Back Yard Brewer said:


> Unless you are an above average welder you may have issues welding something that thin. I have muddled around a fair bit when I built my brewery and found welding the thin gear can create havic. Practice, practice, practice.......
> 
> BYB



All i can say is weld fast and at low enough amps. *IF* the pots are cheap enough for u, maybe get a third one and do a heap of practise runs. get ur settings right, so u dont have heaps of blow throughs and stuff ur chance at a good conical.

When u have a bbq with ur mates and show off ur brewery, u can say "yep, this took me a couple of hours to knock 2gether"...... h34r: 

I have welded my vessels with a mig, ss wire of coarse! keep an eye out on the forum for my herms setup when i post it up! 

EDIT: SPELLING, AND FORGOT TO PUT STUFF IN!


----------



## praxis178 (10/9/10)

Back Yard Brewer said:


> Unless you are an above average welder you may have issues welding something that thin. I have muddled around a fair bit when I built my brewery and found welding the thin gear can create havic. Practice, practice, practice.......
> 
> BYB



Yeah that is one of my main concerns, on the plus side just about all joins are lap style with the weld on the inside (so it can be ground down smooth). 

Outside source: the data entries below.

-- ===== src/PrivatizationTree/Index.antt =====
-- The indices of src/stm/privatization_tree.h: parents, siblings, and the root of a number of threads.
use tlstm.Prelude.{
  ℕ, zero, suc, ◌+◌, ◌-◌, ◌/◌, ◌^◌, ◌≤◌, ◌<◌, ◌≡◌, ◌≢◌, ◌⊎◌, inl, inr, arith, if_cases, subst, sym,
  false, leb,
}
use tlstm.Common.Constants.{max_threads}
use tlstm.PrivatizationTree.{
  get_parent_node_idx, get_sibling_node_idx, log2_from, tlstm_log2, ancestor,
}

pub parent-lt : (n : ℕ) → n < 127 → n < get_parent_node_idx n
unfolding get_parent_node_idx
parent-lt n h = omega arith

-- A parent is not a leaf.
pub parent-inner : (n : ℕ) → max_threads ≤ get_parent_node_idx n
unfolding get_parent_node_idx
parent-inner n = omega arith

pub parent-sibling : (n : ℕ) → get_parent_node_idx (get_sibling_node_idx n) ≡ get_parent_node_idx n
unfolding get_parent_node_idx get_sibling_node_idx
parent-sibling n = omega arith

pub sibling-sibling : (n : ℕ) → get_sibling_node_idx (get_sibling_node_idx n) ≡ n
unfolding get_sibling_node_idx
sibling-sibling n = omega arith

pub same_parent :
    (m n : ℕ)
    → get_parent_node_idx m ≡ get_parent_node_idx n
    → (m ≡ n) ⊎ (m ≡ get_sibling_node_idx n)
unfolding get_parent_node_idx get_sibling_node_idx
same_parent m n e = ground arith

pub parent-cases :
    (m n : ℕ)
    → (get_parent_node_idx m ≡ get_parent_node_idx n)
      ⊎ (get_parent_node_idx m ≢ get_parent_node_idx n)
unfolding get_parent_node_idx
parent-cases m n = ground arith

-- Below the root of all threads neither child is its own parent.
pub parent-apart :
    (n : ℕ)
    → n < 126
    → (n ≡ get_parent_node_idx n) ⊎ (get_sibling_node_idx n ≡ get_parent_node_idx n)
    → ⊥
unfolding get_parent_node_idx get_sibling_node_idx
parent-apart n h (inl e) = omega arith
parent-apart n h (inr e) = omega arith

ancestor-outside : (k n : ℕ) → 127 ≤ n → 127 ≤ ancestor k n
unfolding ancestor get_parent_node_idx
ancestor-outside zero n h = h
ancestor-outside (suc k) n h = ancestor-outside k (n / 2 + 64) (omega arith)

pub ancestor-le : (k n : ℕ) → ancestor k n < 127 → n ≤ ancestor k n
unfolding ancestor
ancestor-le zero n h = omega arith
ancestor-le (suc k) n h =
    let up = ancestor-le k (get_parent_node_idx n) h in
    elim (le_or_gt n) [
      | inl l ↦ omega (arith, up, parent-lt n l)
      | inr l ↦ absurd (omega (arith, ancestor-outside (suc k) n l))
    ]
  where
    le_or_gt : (n : ℕ) → (n < 127) ⊎ (127 ≤ n)
    le_or_gt n = ground arith

-- What `tlstm_log2` returns: the first exponent that is large enough.
log2_from_lem :
    (fuel i j input : ℕ)
    → i ≤ j
    → j < i + fuel
    → input ≤ 2 ^ j
    → (log2_from fuel i input ≤ j) × (input ≤ 2 ^ (log2_from fuel i input))
unfolding log2_from
log2_from_lem zero i j input l h p = absurd (omega arith)
log2_from_lem (suc fuel) i j input l h p =
    if_cases (λ r. (r ≤ j) × (input ≤ 2 ^ r)) (leb input (2 ^ i)) (λ t. (l, ground arith))
      (λ t. log2_from_lem fuel (suc i) j input (later i j t l p) (omega arith) p)
  where
    later : (i j : ℕ) → leb input (2 ^ i) ≡ false → i ≤ j → input ≤ 2 ^ j → suc i ≤ j
    later i j t l p = elim (same_or_less i j l) [
      | inl e ↦ absurd (above (2 ^ i) t (subst (λ k. input ≤ 2 ^ k) (sym e) p))
      | inr h ↦ h
    ]
      where
        same_or_less : (i j : ℕ) → i ≤ j → (i ≡ j) ⊎ (suc i ≤ j)
        same_or_less i j l = ground arith

        above : (n : ℕ) → leb input n ≡ false → input ≤ n → ⊥
        above n t p = ground arith

-- Two threads under one node of the level `k` have the same ancestor there.
same_ancestor : (k a b : ℕ) → k ≤ 6 → a < 2 ^ k → b < 2 ^ k → ancestor k a ≡ ancestor k b
unfolding ancestor get_parent_node_idx
same_ancestor zero a b h p q = omega arith
same_ancestor (suc zero) a b h p q = omega arith
same_ancestor (suc (suc zero)) a b h p q = omega arith
same_ancestor (suc (suc (suc zero))) a b h p q = omega arith
same_ancestor (suc (suc (suc (suc zero)))) a b h p q = omega arith
same_ancestor (suc (suc (suc (suc (suc zero))))) a b h p q = omega arith
same_ancestor (suc (suc (suc (suc (suc (suc zero)))))) a b h p q = omega arith
same_ancestor (suc (suc (suc (suc (suc (suc (suc k))))))) a b h p q = absurd (omega arith)

ancestor-small : (k a : ℕ) → k ≤ 6 → a < 2 ^ k → ancestor k a < 127
unfolding ancestor get_parent_node_idx
ancestor-small zero a h p = omega arith
ancestor-small (suc zero) a h p = omega arith
ancestor-small (suc (suc zero)) a h p = omega arith
ancestor-small (suc (suc (suc zero))) a h p = omega arith
ancestor-small (suc (suc (suc (suc zero)))) a h p = omega arith
ancestor-small (suc (suc (suc (suc (suc zero))))) a h p = omega arith
ancestor-small (suc (suc (suc (suc (suc (suc zero)))))) a h p = omega arith
ancestor-small (suc (suc (suc (suc (suc (suc (suc k))))))) a h p = absurd (omega arith)

pub log2-le : (count : ℕ) → count ≤ max_threads → tlstm_log2 count ≤ 6
unfolding tlstm_log2
log2-le count h = (log2_from_lem 64 0 6 count (omega arith) (omega arith) h).0

pub root-lt :
    (count : ℕ) → 0 < count → count ≤ max_threads → ancestor (tlstm_log2 count) (count - 1) < 127
unfolding tlstm_log2
root-lt count p h =
    let (small, enough) = log2_from_lem 64 0 6 count (omega arith) (omega arith) h in
    ancestor-small (log2_from 64 0 count) (count - 1) small (omega arith)

pub ancestor-root :
    (count tid : ℕ)
    → count ≤ max_threads
    → tid < count
    → ancestor (tlstm_log2 count) tid ≡ ancestor (tlstm_log2 count) (count - 1)
unfolding tlstm_log2
ancestor-root count tid h l =
    let (small, enough) = log2_from_lem 64 0 6 count (omega arith) (omega arith) h in
    same_ancestor (log2_from 64 0 count) tid (count - 1) small (omega arith) (omega arith)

The ones that I feel will be most problematic are the thin wall to pipe nipple welds, getting enough heat into the nipples without slagging the rest of the fermenter will be fun..... :blink:


----------



## praxis178 (11/9/10)

_WALLACE_ said:


> I think plastic welding is a brilliant idea, just get the same or compatible filler rod as the materials u are welding/soldering. The funnel might be PVC, but the fermenter is something else. tell ur plastic fabrication supplier what u r doing, they should help u out!
> 
> 
> 
> ...



Will be on the look out, I hope my TIG will go low enough, but the min is 10amps, so will probably just have to make do. The bottom of the pots (have four) will yield the leg mounting gussets and plenty of scrap to practice on so hopefully by next weekend (when I should have all the parts in the one space) I'll have the hang of TSW (TIGing Thin Shit). :unsure: 

Right I'm off to cut up some pots!


----------



## praxis178 (11/9/10)

Thomas J. said:


> Will be on the look out, I hope my TIG will go low enough, but the min is 10amps, so will probably just have to make do. The bottom of the pots (have four) will yield the leg mounting gussets and plenty of scrap to practice on so hopefully by next weekend (when I should have all the parts in the one space) I'll have the hang of TSW (TIGing Thin Shit). :unsure:
> 
> Right I'm off to cut up some pots!



Pot 'A' now fits pot 'B', giving a cylinder of ~40L volume, so with the conical bottom that should give me a maximum capacity of 47L and a safe working capacity of ~40L which is about what I need to do double batches, so now for the hard bit: waiting for parts to arrive.....


----------



## praxis178 (15/9/10)

So after much f*+k arsing around welding the scraps from pot A, I've decided that while I can weld it with reasonable consistency it's right at the cusp of the finest that my TIG will do, even at minimum the amps are a tad high, so I've ordered a piece of stainless steel sheet which a mate of mine will roll into a cylinder for me. Down side to that is the new material is 1.2mm which was the thinest the supplier had in stock, I could have gone thinner if I had wanted to buy a whole sheet.....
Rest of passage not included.